WORK INSTRUCTION.
Go line by line through the entries below and copy those containing the string "UsersFile".

Saved data entries.
<<<<
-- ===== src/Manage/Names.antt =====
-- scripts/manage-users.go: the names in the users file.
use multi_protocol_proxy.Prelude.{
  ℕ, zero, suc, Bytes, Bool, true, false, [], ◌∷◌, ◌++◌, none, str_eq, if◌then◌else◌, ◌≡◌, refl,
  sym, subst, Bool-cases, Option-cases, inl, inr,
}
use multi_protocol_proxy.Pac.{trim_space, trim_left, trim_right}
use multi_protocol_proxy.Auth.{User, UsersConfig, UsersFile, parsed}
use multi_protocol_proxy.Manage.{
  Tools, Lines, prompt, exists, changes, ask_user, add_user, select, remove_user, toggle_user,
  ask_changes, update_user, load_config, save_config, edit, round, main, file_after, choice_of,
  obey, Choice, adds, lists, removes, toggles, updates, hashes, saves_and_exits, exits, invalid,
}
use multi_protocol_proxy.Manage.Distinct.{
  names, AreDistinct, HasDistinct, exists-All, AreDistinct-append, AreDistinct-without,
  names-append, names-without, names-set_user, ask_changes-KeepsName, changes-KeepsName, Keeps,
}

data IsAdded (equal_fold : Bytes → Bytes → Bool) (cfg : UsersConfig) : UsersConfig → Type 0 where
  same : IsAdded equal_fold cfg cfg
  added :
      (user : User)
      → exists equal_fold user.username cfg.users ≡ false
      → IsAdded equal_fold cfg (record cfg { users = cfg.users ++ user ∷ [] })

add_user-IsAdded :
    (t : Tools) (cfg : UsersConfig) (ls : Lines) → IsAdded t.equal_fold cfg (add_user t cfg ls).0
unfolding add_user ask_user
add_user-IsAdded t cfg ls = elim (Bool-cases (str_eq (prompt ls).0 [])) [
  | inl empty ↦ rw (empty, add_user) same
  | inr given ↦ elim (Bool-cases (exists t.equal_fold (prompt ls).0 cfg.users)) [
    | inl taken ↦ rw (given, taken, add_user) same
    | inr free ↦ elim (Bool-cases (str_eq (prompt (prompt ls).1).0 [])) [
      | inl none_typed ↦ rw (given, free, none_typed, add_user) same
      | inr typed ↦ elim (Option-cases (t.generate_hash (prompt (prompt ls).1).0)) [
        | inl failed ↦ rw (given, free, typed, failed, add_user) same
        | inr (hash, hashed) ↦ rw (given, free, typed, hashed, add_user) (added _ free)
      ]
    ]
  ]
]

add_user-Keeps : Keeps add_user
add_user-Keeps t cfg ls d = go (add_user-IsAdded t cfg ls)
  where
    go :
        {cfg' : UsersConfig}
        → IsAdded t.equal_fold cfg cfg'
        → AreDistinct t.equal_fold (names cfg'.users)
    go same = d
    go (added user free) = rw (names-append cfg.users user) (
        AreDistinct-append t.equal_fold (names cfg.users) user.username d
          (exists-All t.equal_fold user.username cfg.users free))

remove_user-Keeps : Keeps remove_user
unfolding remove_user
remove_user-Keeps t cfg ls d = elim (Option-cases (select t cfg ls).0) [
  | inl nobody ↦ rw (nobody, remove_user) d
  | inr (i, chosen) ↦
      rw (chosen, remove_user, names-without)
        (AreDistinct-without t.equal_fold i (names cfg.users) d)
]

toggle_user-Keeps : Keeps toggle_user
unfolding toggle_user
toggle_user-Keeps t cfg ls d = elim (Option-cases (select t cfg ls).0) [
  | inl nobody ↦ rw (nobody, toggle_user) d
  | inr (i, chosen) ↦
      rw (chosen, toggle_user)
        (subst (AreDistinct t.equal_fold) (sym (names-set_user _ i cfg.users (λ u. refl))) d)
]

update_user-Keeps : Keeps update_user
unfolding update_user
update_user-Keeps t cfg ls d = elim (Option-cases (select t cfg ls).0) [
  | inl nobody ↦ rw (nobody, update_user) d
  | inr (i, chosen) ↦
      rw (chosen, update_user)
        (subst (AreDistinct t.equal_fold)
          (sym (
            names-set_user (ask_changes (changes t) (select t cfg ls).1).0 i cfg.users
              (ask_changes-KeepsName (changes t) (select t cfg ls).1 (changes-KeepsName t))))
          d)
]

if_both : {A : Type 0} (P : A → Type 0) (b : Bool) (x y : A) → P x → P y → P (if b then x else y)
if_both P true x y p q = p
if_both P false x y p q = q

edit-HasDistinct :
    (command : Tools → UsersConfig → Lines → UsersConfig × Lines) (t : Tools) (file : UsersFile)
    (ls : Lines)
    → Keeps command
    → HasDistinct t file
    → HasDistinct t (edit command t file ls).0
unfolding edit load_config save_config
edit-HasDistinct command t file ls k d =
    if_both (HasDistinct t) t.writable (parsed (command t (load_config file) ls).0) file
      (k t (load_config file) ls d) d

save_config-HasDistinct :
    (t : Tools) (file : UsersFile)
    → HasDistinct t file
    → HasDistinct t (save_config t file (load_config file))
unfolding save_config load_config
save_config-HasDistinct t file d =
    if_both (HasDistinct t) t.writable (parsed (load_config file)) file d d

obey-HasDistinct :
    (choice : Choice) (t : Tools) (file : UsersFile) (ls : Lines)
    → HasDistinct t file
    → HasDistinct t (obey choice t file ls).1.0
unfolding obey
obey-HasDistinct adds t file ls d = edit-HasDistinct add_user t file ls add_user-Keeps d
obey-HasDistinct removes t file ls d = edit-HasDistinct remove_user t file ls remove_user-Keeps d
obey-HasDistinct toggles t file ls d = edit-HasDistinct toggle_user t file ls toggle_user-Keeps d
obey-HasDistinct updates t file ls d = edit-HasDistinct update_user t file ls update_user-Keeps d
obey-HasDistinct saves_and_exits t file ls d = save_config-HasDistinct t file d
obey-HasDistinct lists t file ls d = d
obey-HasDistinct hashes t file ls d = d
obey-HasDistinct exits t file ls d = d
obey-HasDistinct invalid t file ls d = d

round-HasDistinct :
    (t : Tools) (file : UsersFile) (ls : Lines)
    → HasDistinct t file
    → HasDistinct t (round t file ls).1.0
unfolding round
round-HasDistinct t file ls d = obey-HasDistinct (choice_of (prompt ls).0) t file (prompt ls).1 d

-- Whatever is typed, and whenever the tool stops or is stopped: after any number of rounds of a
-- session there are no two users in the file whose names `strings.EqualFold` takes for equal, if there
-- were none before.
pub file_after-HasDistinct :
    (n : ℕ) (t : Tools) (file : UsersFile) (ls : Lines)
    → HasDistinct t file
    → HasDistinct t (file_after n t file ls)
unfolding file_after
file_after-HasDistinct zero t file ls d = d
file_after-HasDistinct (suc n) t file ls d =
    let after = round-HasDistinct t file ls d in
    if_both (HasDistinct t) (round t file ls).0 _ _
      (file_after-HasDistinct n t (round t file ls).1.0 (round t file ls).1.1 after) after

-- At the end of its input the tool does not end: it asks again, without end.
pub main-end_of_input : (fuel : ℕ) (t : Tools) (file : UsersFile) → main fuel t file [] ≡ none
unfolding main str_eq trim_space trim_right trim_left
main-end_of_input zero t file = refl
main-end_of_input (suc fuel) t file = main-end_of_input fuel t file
>>>>
SOLVED PROBLEM.
use multi_protocol_proxy.Auth.{User, UsersConfig, UsersFile, parsed}
    (command : Tools → UsersConfig → Lines → UsersConfig × Lines) (t : Tools) (file : UsersFile)
    (t : Tools) (file : UsersFile)
    (choice : Choice) (t : Tools) (file : UsersFile) (ls : Lines)
    (t : Tools) (file : UsersFile) (ls : Lines)
    (n : ℕ) (t : Tools) (file : UsersFile) (ls : Lines)
pub main-end_of_input : (fuel : ℕ) (t : Tools) (file : UsersFile) → main fuel t file [] ≡ none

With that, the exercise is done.